State aid and public procurement are legal subjects deriving from the law of the European Union ("EU"). Both regimes have a significant impact on large development projects. Projects containing elements of State aid and/or public procurement can, however, be managed in such a way as to avoid problems arising as a result. Careful consideration of the relevant issues, especially during a project's early stages, helps identify any potential difficulties and, in turn, prevent any such unwelcome results further down the line.

The risks are clear-cut:

  • If State aid is not granted legally, it may lead to investigation and condemnation by the European Commission. This in turn can lead to a project being terminated or a public body being required to reco
  • If public procurement rules are not appropriately observed, decisions taken by a contracting authority may be set aside or the contracting authority may face claims for damages from any aggrieved potential contractors who, as a result of the rules being breached, have lost the opportunity of winning the contract.

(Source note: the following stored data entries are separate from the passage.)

-- ===== src/Paperpad/Mxcfb/Mapped/Stores.antt =====
-- A write stores all of its rows or none.
use rust_x11_hello.Prelude.{
  ℕ, zero, suc, ◌+◌, ◌*◌, ◌==◌, guard, ◌≤◌, ◌<◌, ◌≡◌, ◌∙◌, ◌⊎◌, inl, inr, refl, arith, List, Result,
  ok, err, length, >>=-eq-ok,
}
use rust_x11_hello.Paperpad.Ui.Screen.{ScreenRect}
use rust_x11_hello.Paperpad.Mxcfb.Memory.{write_bytes, write_rows}
use rust_x11_hello.Paperpad.Mxcfb.Memory.Rows.{length-write_bytes}
use rust_x11_hello.Paperpad.Mxcfb.Pixels.{FramebufferSpec, PreparedRemote, row_offset, row_bytes}
use rust_x11_hello.Paperpad.Mxcfb.Pixels.Rows.{length-slice}
use rust_x11_hello.Paperpad.Mxcfb.Mapped.{
  WritableFramebuffer, MappedError, and_then, checked, check_range, write_at, check_all, write_all,
  check_prepared, write_prepared, SystemUiPixels, check_write_system_ui, check_system_ui,
  check_strip, write_system_ui, matches_spec, geometry_differs, length_differs, strip_offset,
  strip_bytes,
}

-- A range fits or not whatever bytes the mapping holds.
check_range-length :
    (a b : WritableFramebuffer) (offset len : ℕ)
    → length a.bytes ≡ length b.bytes
    → check_range a offset len ≡ check_range b offset len
unfolding check_range
check_range-length a b offset len e = rw e refl

check_all-length :
    (a b : WritableFramebuffer) (offset : ℕ → ℕ) (content : ℕ → List ℕ) (rows row : ℕ)
    → length a.bytes ≡ length b.bytes
    → check_all a offset content rows row ≡ check_all b offset content rows row
unfolding check_all
check_all-length a b offset content zero row e = refl
check_all-length a b offset content (suc rows) row e =
    rw
      (
        check_range-length a b (offset row) (length (content row)) e,
        check_all-length a b offset content rows (row + 1) e,
      )
      refl

-- The framebuffer with its rows stored
abbrev pub stored : WritableFramebuffer → (ℕ → ℕ) → (ℕ → List ℕ) → ℕ → ℕ → WritableFramebuffer
stored fb offset content rows row = record fb {
  bytes = write_rows offset content rows row fb.bytes;
}

-- Behind its checks, the loop of the stores meets no error.
write_all-check_all :
    (fb : WritableFramebuffer) (offset : ℕ → ℕ) (content : ℕ → List ℕ) (rows row : ℕ)
    → check_all fb offset content rows row ≡ ok tt
    → write_all fb offset content rows row ≡ (ok tt, stored fb offset content rows row)
unfolding check_all write_all and_then write_at checked write_rows
write_all-check_all fb offset content zero row e = refl
write_all-check_all fb offset content (suc rows) row e =
    let (a, here, rest) = >>=-eq-ok (check_range fb (offset row) (length (content row))) _ e in
    let next : WritableFramebuffer = record fb {
      bytes = write_bytes fb.bytes (offset row) (content row);
    } in
    rw here (
      write_all-check_all next offset content rows (row + 1) (
        check_all-length next fb offset content rows (row + 1)
          (length-write_bytes fb.bytes (offset row) (content row))
        ∙ rest))

-- What a write does: it stores every row, or returns an error and changes nothing.
abbrev pub Atomic :
    WritableFramebuffer
    → Result MappedError (Unit {0})
    → (ℕ → ℕ)
    → (ℕ → List ℕ)
    → ℕ
    → ScreenRect
    → Result MappedError ScreenRect × WritableFramebuffer
    → Type 0
Atomic fb check offset content rows region result =
    ((check ≡ ok tt) × (result ≡ (ok region, stored fb offset content rows 0)))
    ⊎ ((e : MappedError) × (check ≡ err e) × (result ≡ (err e, fb)))

Atomic_lem :
    (fb : WritableFramebuffer) (check : Result MappedError (Unit {0})) (offset : ℕ → ℕ)
    (content : ℕ → List ℕ) (rows : ℕ) (region : ScreenRect)
    → (check ≡ ok tt → check_all fb offset content rows 0 ≡ ok tt)
    → Atomic fb check offset content rows region (
        checked check fb
          λ _. and_then (write_all fb offset content rows 0) λ next. (ok region, next))
unfolding checked and_then
Atomic_lem fb (ok a) offset content rows region all =
    inl (refl, rw (write_all-check_all fb offset content rows 0 (all refl)) refl)
Atomic_lem fb (err e) offset content rows region all = inr (e, refl, refl)

check_prepared-check_all :
    (fb : WritableFramebuffer) (p : PreparedRemote)
    → check_prepared fb p ≡ ok tt
    → check_all fb (row_offset p) (row_bytes p) p.height 0 ≡ ok tt
unfolding check_prepared
check_prepared-check_all fb p e =
    let (a, first, k) = >>=-eq-ok (guard (matches_spec fb p.spec) geometry_differs) _ e in
    let (b, second, l) =
      >>=-eq-ok (guard (length p.buffer == length fb.bytes) length_differs) _ k in
    l

-- `write_prepared` stores all of the rows and returns the region, if every check passes; or it returns
-- the error of the check that fails, and changes nothing.
pub write_prepared-Atomic :
    (fb : WritableFramebuffer) (p : PreparedRemote)
    → Atomic fb
        (check_prepared fb p)
        (row_offset p)
        (row_bytes p)
        p.height
        p.region
        (write_prepared fb p)
unfolding write_prepared
write_prepared-Atomic fb p =
    Atomic_lem fb (check_prepared fb p) (row_offset p) (row_bytes p) p.height p.region
      (check_prepared-check_all fb p)

row_in : (row width height : ℕ) → row < height → row * width + width ≤ width * height
row_in row width height lt = grind arith

pub length-strip_bytes :
    (pixels : SystemUiPixels) (row : ℕ)
    → length pixels.bytes ≡ pixels.region.width * pixels.region.height
    → row < pixels.region.height
    → length (strip_bytes pixels row) ≡ pixels.region.width
length-strip_bytes pixels row size lt =
    let next : (row + 1) * pixels.region.width ≡ row * pixels.region.width + pixels.region.width =
      grind arith in
    rw next (
      length-slice pixels.bytes (row * pixels.region.width) pixels.region.width
        (omega (arith, size, row_in row pixels.region.width pixels.region.height lt)))

check_strip-check_all :
    (fb : WritableFramebuffer) (pixels : SystemUiPixels) (spec : FramebufferSpec) (rows row : ℕ)
    → length pixels.bytes ≡ pixels.region.width * pixels.region.height
    → row + rows ≤ pixels.region.height
    → check_strip fb spec
        (spec.xoffset + pixels.region.x)
        (spec.yoffset + pixels.region.y)
        pixels.region.width
        rows
        row
      ≡ ok tt
    → check_all fb (strip_offset spec pixels) (strip_bytes pixels) rows row ≡ ok tt
unfolding check_strip check_all
check_strip-check_all fb pixels spec zero row size fits e = refl
check_strip-check_all fb pixels spec (suc rows) row size fits e =
    rw (length-strip_bytes pixels row size (omega arith))
      (ground (arith, check_strip-check_all fb pixels spec rows (row + 1) size))

pub check_system_ui-length :
    (fb : WritableFramebuffer) (pixels : SystemUiPixels) (spec : FramebufferSpec)
    → check_system_ui fb pixels spec ≡ ok tt
    → length pixels.bytes ≡ pixels.region.width * pixels.region.height
unfolding check_system_ui
check_system_ui-length fb pixels spec e = ground arith

check_write_system_ui-check_all :
    (fb : WritableFramebuffer) (pixels : SystemUiPixels) (spec : FramebufferSpec)
    → check_write_system_ui fb pixels spec ≡ ok tt
    → check_all fb (strip_offset spec pixels) (strip_bytes pixels) pixels.region.height 0 ≡ ok tt
unfolding check_write_system_ui
check_write_system_ui-check_all fb pixels spec e =
    let (a, payload, k) = >>=-eq-ok (check_system_ui fb pixels spec) _ e in
    check_strip-check_all fb pixels spec pixels.region.height 0
      (check_system_ui-length fb pixels spec payload) (omega arith) (ground arith)

pub write_system_ui-Atomic :
    (fb : WritableFramebuffer) (pixels : SystemUiPixels) (spec : FramebufferSpec)
    → Atomic fb
        (check_write_system_ui fb pixels spec)
        (strip_offset spec pixels)
        (strip_bytes pixels)
        pixels.region.height
        pixels.region
        (write_system_ui fb pixels spec)
unfolding write_system_ui
write_system_ui-Atomic fb pixels spec =
    Atomic_lem fb (check_write_system_ui fb pixels spec) (strip_offset spec pixels)
      (strip_bytes pixels) pixels.region.height pixels.region
      (check_write_system_ui-check_all fb pixels spec)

It is the obvious interests of all parties involved in regeneration projects to avoid either of the above.

State Aid

Identifying a State aid

State aid is the technical term for a subsidy granted by a national government or any extension thereof. To qualify as State aid, the following four elements must be present in a funding plan or package:

  • A form of financial benefit received (i.e. revenue granted). Financial benefits may take several forms, such as: direct grants to establish a new production facility; writing-off debt; special tax concession or preferential loans or guarantees which are unavailable from private banks. It might even be the national administration of EU structural funds. In a development project, the benefit might typically be the sale, lease or purchase of land by public bodies to or from private parties at non-market prices or building infrastructure, which will only benefit private business and not the public. In all such cases private enterprises gain financial benefits they would not otherwise receive.
  • Granted from "state resources". The financial benefit identified must come from the state or an extension of the state. Local authorities and councils and regional development authorities all qualify as extensions of the state in this sense and as such are regulated. For example, for local authorities, State aid often arises when grants are offered to attract overseas investment into particular regions.
  • Granted to a specific beneficiary. Thirdly, the provision of benefits must involve selective financial assistance to particular firms or sectors. Grants or tax breaks which benefit all companies in a given region or industry will not qualify.
  • Must cause an actual or potential distortion of competition, which may affect trade between Member States. Local authorities often fail to have sufficient regard to the effect of aid outside their localities and on trade generally. The European Commission and the European Courts, however, have always taken the restrictive view that, unless very special circumstances exist, one should assume the aid causes an actual or potential distortion of competition which may affect trade between Member States.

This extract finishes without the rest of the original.